Violence in Minneapolis high schools

Are there any answers?

ThroughMyEyesnew“Give me liberty or give me death,” said Patrick Henry, a leader of the American Revolution.

In a peaceful corner in NW Minneapolis, is Patrick Henry High School, named after this man who stood for liberty and self-government. And yet we have abandoned these values in cities run by Democrats, as we accept the death of our communities rather than stand for liberty, as Democrats know they’ll have our vote.

Since the beginning of the school year, Patrick Henry and other Twin Cities’ high schools have seen a rise in dangerous and escalating conflicts. So we ask, “Where is the plan for how to deal with unsafe environments inside of our high schools?” This has caught the attention first and foremost of the residents in the community and of the Minneapolis Police Department (MPD). We hope community leadership steps up as well.

Too many in city and community leadership positions have turned their backs on educating our youth on Martin Luther King, Jr.’s lifesaving and empowering nonviolence philosophy (see his book, Stride for Freedom). All the great religions have a version of the Golden Rule: do unto others as we want them to do unto us. The Civil Rights movement truly ended when violence became “the way” after King’s death, as too many wanted to change places with them and then act like them.

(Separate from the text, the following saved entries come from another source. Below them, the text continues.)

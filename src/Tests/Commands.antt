-- ===== src/Tests/Commands.antt =====
-- The controller at concrete inputs.
use raft_algorep.Base.{
  List, [], ◌∷◌, ok, fault, undefined, out_of_range, pos, Ends, All, ◌≡◌, refl, Text, if◌then◌else◌,
  leb_ℤ, int_max,
}
use raft_algorep.Rpc.{crash, entry}
use raft_algorep.Clock.{codes, medium, get_speed_type, get_speed_type_name}
use raft_algorep.Rpc.Names.{
  get_controller_request_type, get_controller_request_type_name, types_of_names,
}
use raft_algorep.Config.{is_node, is_client}
use raft_algorep.Controller.{run_lines, request_packet, to_int}
use raft_algorep.Controller.Sleep.{Stops}
use raft_algorep.Controller.Targets.{Addressed, run_lines-Addressed}
use raft_algorep.Controller.Numbers.{decimal, to_int-decimal}
use raft_algorep.Tests.{g}

-- Rank 7 does not exist, and rank 2 is no client.
abbrev typed : List Text
typed =
    codes "CRASH 2"
    ∷ codes "CRASH 7"
    ∷ codes "ENTRY 4 set x"
    ∷ codes "ENTRY 2 set x"
    ∷ []
    ∷ codes "STOP"
    ∷ []

commands_run :
    run_lines g typed ≡ ok (request_packet crash [] 2 ∷ request_packet entry (codes "set x") 4 ∷ [])
unfolding run_lines is_node is_client
commands_run = refl

-- 3000000 milliseconds are more microseconds than an int holds.
long_sleep : run_lines g (codes "SLEEP 3000000" ∷ []) ≡ fault undefined
unfolding run_lines
long_sleep = refl

short_sleep : run_lines g (codes "SLEEP 3000" ∷ []) ≡ ok []
unfolding run_lines
short_sleep = refl

run_lines-Addressed_example : Ends (Stops typed) (All (Addressed g)) (run_lines g typed)
run_lines-Addressed_example = run_lines-Addressed g typed

to_int-decimal_example : to_int (codes "9999999999") ≡ (
    if leb_ℤ (pos (decimal 0 (codes "9999999999"))) int_max
    then ok (pos (decimal 0 (codes "9999999999")))
    else fault out_of_range)
to_int-decimal_example =
    to_int-decimal 57 (codes "999999999")
      (refl, (refl, (refl, (refl, (refl, (refl, (refl, (refl, (refl, (refl, tt))))))))))

types_of_names_example :
    (get_controller_request_type (get_controller_request_type_name crash) ≡ crash)
    × (get_speed_type (get_speed_type_name medium) ≡ medium)
types_of_names_example = types_of_names crash medium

It is being alleged that because of the reduction in personnel, including the loss of key personnel, the district is not on top of its game of security as it should be. The MPD wants to heighten school security, but there are rumors and allegations that the district is not prepared to spend more dollars to reinforce needed school security.

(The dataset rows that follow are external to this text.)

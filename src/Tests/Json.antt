-- ===== src/Tests/Json.antt =====
-- A library that meets the laws of Json.IsLawful: values and the texts that stand for them, each
-- part of an array or an object behind its length.
use raft_algorep.Base.{
  Outcome, ok, fault, unreadable, or_fault, ℕ, zero, suc, ℤ, pos, negsuc, Bool, true, false, List,
  [], ◌∷◌, ◌++◌, map, Option, none, some, All, ◌≡◌, ◌≢◌, refl, ap, ◌≤◌, Text, length, take, drop,
  length-append, if◌then◌else◌, arith,
}
use raft_algorep.Clock.{text_eq}
use raft_algorep.Json.{JsonLib, IsLawful, lookup, names, distinct}

abbrev pred : ℕ → ℕ
pred zero = zero
pred (suc n) = n

pub data Value : Type 0 where
  null_value : Value
  int_value : ℤ → Value
  bool_value : Bool → Value
  text_value array_value object_value : Text → Value

abbrev encode : Value → Text
encode null_value = 0 ∷ []
encode (int_value (pos n)) = 1 ∷ n ∷ []
encode (int_value (negsuc n)) = 2 ∷ n ∷ []
encode (bool_value false) = 3 ∷ []
encode (bool_value true) = 4 ∷ []
encode (text_value t) = 5 ∷ t
encode (array_value t) = 6 ∷ t
encode (object_value t) = 7 ∷ t

abbrev number : (ℕ → ℤ) → Text → Option Value
number sign [] = none
number sign (n ∷ cs) = some (int_value (sign n))

abbrev decode : Text → Option Value
decode [] = none
decode (zero ∷ cs) = some null_value
decode (suc zero ∷ cs) = number pos cs
decode (suc (suc zero) ∷ cs) = number negsuc cs
decode (suc (suc (suc zero)) ∷ cs) = some (bool_value false)
decode (suc (suc (suc (suc zero))) ∷ cs) = some (bool_value true)
decode (suc (suc (suc (suc (suc zero)))) ∷ cs) = some (text_value cs)
decode (suc (suc (suc (suc (suc (suc zero))))) ∷ cs) = some (array_value cs)
decode (suc (suc (suc (suc (suc (suc (suc n)))))) ∷ cs) = some (object_value cs)

decode-encode : (v : Value) → decode (encode v) ≡ some v
decode-encode null_value = refl
decode-encode (int_value (pos n)) = refl
decode-encode (int_value (negsuc n)) = refl
decode-encode (bool_value false) = refl
decode-encode (bool_value true) = refl
decode-encode (text_value t) = refl
decode-encode (array_value t) = refl
decode-encode (object_value t) = refl

abbrev pack : List Text → Text
pack [] = []
pack (t ∷ ts) = length t ∷ t ++ pack ts

-- The fuel is the length of the text.
abbrev items : ℕ → Text → List Text
items zero cs = []
items (suc fuel) [] = []
items (suc fuel) (n ∷ cs) = take n cs ∷ items fuel (drop n cs)

take-append : (s t : Text) → take (length s) (s ++ t) ≡ s
take-append [] t = refl
take-append (c ∷ s) t = ap (◌∷◌ c) (take-append s t)

drop-append : (s t : Text) → drop (length s) (s ++ t) ≡ t
drop-append [] t = refl
drop-append (c ∷ s) t = drop-append s t

items-pack : (fuel : ℕ) (ts : List Text) → length ts ≤ fuel → items fuel (pack ts) ≡ ts
items-pack zero [] h = refl
items-pack zero (t ∷ ts) h = elim h [ ]
items-pack (suc fuel) [] h = refl
items-pack (suc fuel) (t ∷ ts) h =
    rw (take-append t (pack ts), drop-append t (pack ts), items-pack fuel ts (omega arith)) refl

length-pack : (ts : List Text) → length ts ≤ length (pack ts)
length-pack [] = omega arith
length-pack (t ∷ ts) = omega (arith, length-pack ts, length-append t (pack ts))

unpacked : (ts : List Text) → items (length (pack ts)) (pack ts) ≡ ts
unpacked ts = items-pack (length (pack ts)) ts (length-pack ts)

abbrev both : Option Value → Option (List Value) → Option (List Value)
both (some v) (some vs) = some (v ∷ vs)
both (some v) none = none
both none vs = none

abbrev decode_all : List Text → Option (List Value)
decode_all [] = some []
decode_all (t ∷ ts) = both (decode t) (decode_all ts)

decode_all-encode : (vs : List Value) → decode_all (map encode vs) ≡ some vs
decode_all-encode [] = refl
decode_all-encode (v ∷ vs) = λ i. both (decode-encode v i) (decode_all-encode vs i)

abbrev flat : List (Text × Value) → List Text
flat [] = []
flat ((k, v) ∷ fields) = k ∷ encode v ∷ flat fields

abbrev look_up : Text → List Text → Option Value
look_up key [] = none
look_up key (k ∷ []) = none
look_up key (k ∷ t ∷ ts) = if text_eq k key then decode t else look_up key ts

look_up-flat :
    (key : Text) (fields : List (Text × Value)) → look_up key (flat fields) ≡ lookup key fields
look_up-flat key [] = refl
look_up-flat key ((k, v) ∷ fields) = rw (decode-encode v, look_up-flat key fields) refl

abbrev found : Text → Value → Outcome Value
found key j = elim j [
  | object_value t ↦ or_fault (look_up key (items (length t) t)) unreadable
  | _ ↦ fault unreadable
]

abbrev pub library : JsonLib
library = record {
  Json = Value;
  of_int = int_value;
  of_bool = bool_value;
  of_text = text_value;
  of_array = λ js. array_value (pack (map encode js));
  object = λ fields. object_value (pack (flat fields));
  index = λ j key. found key j;
  at_key = λ j key. found key j;
  member = λ j key. found key j;
  get_int = λ j. elim j [ int_value i ↦ ok i | _ ↦ fault unreadable ];
  get_enum = λ j. elim j [ int_value i ↦ ok i | _ ↦ fault unreadable ];
  get_bool = λ j. elim j [ bool_value b ↦ ok b | _ ↦ fault unreadable ];
  get_text = λ j. elim j [ text_value t ↦ ok t | _ ↦ fault unreadable ];
  get_array = λ j. elim j [
    | array_value t ↦ or_fault (decode_all (items (length t) t)) unreadable
    | _ ↦ fault unreadable
  ];
  is_utf8 = λ t. true;
  dump = λ j. ok (map suc (encode j));
  parse = λ t. or_fault (decode (map pred t)) unreadable;
}

pred-suc : (t : Text) → map pred (map suc t) ≡ t
pred-suc [] = refl
pred-suc (c ∷ t) = ap (◌∷◌ c) (pred-suc t)

no_zero : (t : Text) → All (λ c. c ≢ 0) (map suc t)
no_zero [] = tt
no_zero (c ∷ t) = ((λ e. omega arith), no_zero t)

some_code : (v : Value) → map suc (encode v) ≢ []
some_code null_value e = cc
some_code (int_value (pos n)) e = cc
some_code (int_value (negsuc n)) e = cc
some_code (bool_value true) e = cc
some_code (bool_value false) e = cc
some_code (text_value t) e = cc
some_code (array_value t) e = cc
some_code (object_value t) e = cc

found-object :
    (fields : List (Text × Value)) (key : Text) (j : Value)
    → distinct (names fields) ≡ true
    → lookup key fields ≡ some j
    → found key (library.object fields) ≡ ok j
found-object fields key j apart there =
    rw (unpacked (flat fields), look_up-flat key fields, there) refl

pub library-IsLawful : IsLawful library
library-IsLawful = record {
  get_int-of_int = λ i h. refl;
  get_enum-of_int = λ i h. refl;
  get_bool-of_bool = λ b. refl;
  get_text-of_text = λ t. refl;
  get_array-of_array = λ js. rw (unpacked (map encode js), decode_all-encode js) refl;
  index-object = found-object;
  at_key-object = found-object;
  member-object = found-object;
  IsDumpable = λ j. Unit {0};
  of_int-IsDumpable = λ i. tt;
  of_bool-IsDumpable = λ b. tt;
  of_text-IsDumpable = λ t h. tt;
  of_array-IsDumpable = λ js h. tt;
  object-IsDumpable = λ fields apart h. tt;
  parse-dump = λ j h. (
    map suc (encode j),
    refl,
    some_code j,
    no_zero (encode j),
    rw (pred-suc (encode j), decode-encode j) refl,
  );
  is_utf8-ascii = λ t h. refl;
}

The report of over 36 fights in one week at Patrick Henry is frightening and disturbing, especially as we learn of individuals who were stopped as they attempted to enter Patrick Henry armed. Isn’t that proof of the need for a plan and personnel to provide a safe environment for students, teachers, administrators and the surrounding community?

If the claim that the district doesn’t have funding to increase school security are true, then the school district must reach out to the State of Minnesota, the commissioner of education, corporations and charitable foundations, for immediate relief as needed. There are too many guns on the street, too many shootings, and too many injured by other methods of violent acts.

Every shooting and assault not reported does not mean they did not happen, nor does it mean the threat has gone away. The threat remains real. In some cases, knives have become the weapons of choice. Thus it is insane and contrary to the doctrine of public safety that the public is not being made aware of these dangers and incidents.

We are not picking on Patrick Henry, merely reporting on egregious acts causing more fear as more violence is glorified. Our schools deserve a guarantee that everything is being done to ensure safety.

We know and understand we are not a perfect society. But aren’t we required, as members of the human race, to do everything that we can to protect all of our citizens, no matter age or social standing or color of skin? And doesn’t that start with a commitment to promote nonviolence?

Sending swat teams into our high schools is a sign of how much we have failed our young people and neighborhoods, as we stand by as violence and never-ending revenge renders sections of communities uninhabitable, scaring away investors for development. Where is the plan to not only end the violence but to promote nonviolence?

Stay tuned.

 

For Ron’s hosted radio and TV show’s broadcast times, solutions papers, books, and archives, go to www.TheMinneapolisStory.com. To order his books, go to www.BeaconOnTheHillPress.com.

2 Comments on “Violence in Minneapolis high schools”

  1. I was surprised and saddened that your commentary never mentioned the role of parents in quelling problems at schools. These are someone’s children acting up! Parents need to be at the school snatching their children by the neck and explaining clearly the expectations to sit down and learn. THEN, if the child continues acting up, additional interventions are understandable. I never let society raise my child. I took care of most problems!

  2. I agree Anita. Why don’t these parents with wayward children know where they’re at after school? Why are their children out at Midnight? Why are these children on buses and in malls causing a ruckus? Society can only do so much, but it cannot raise my kids. That’s MY job.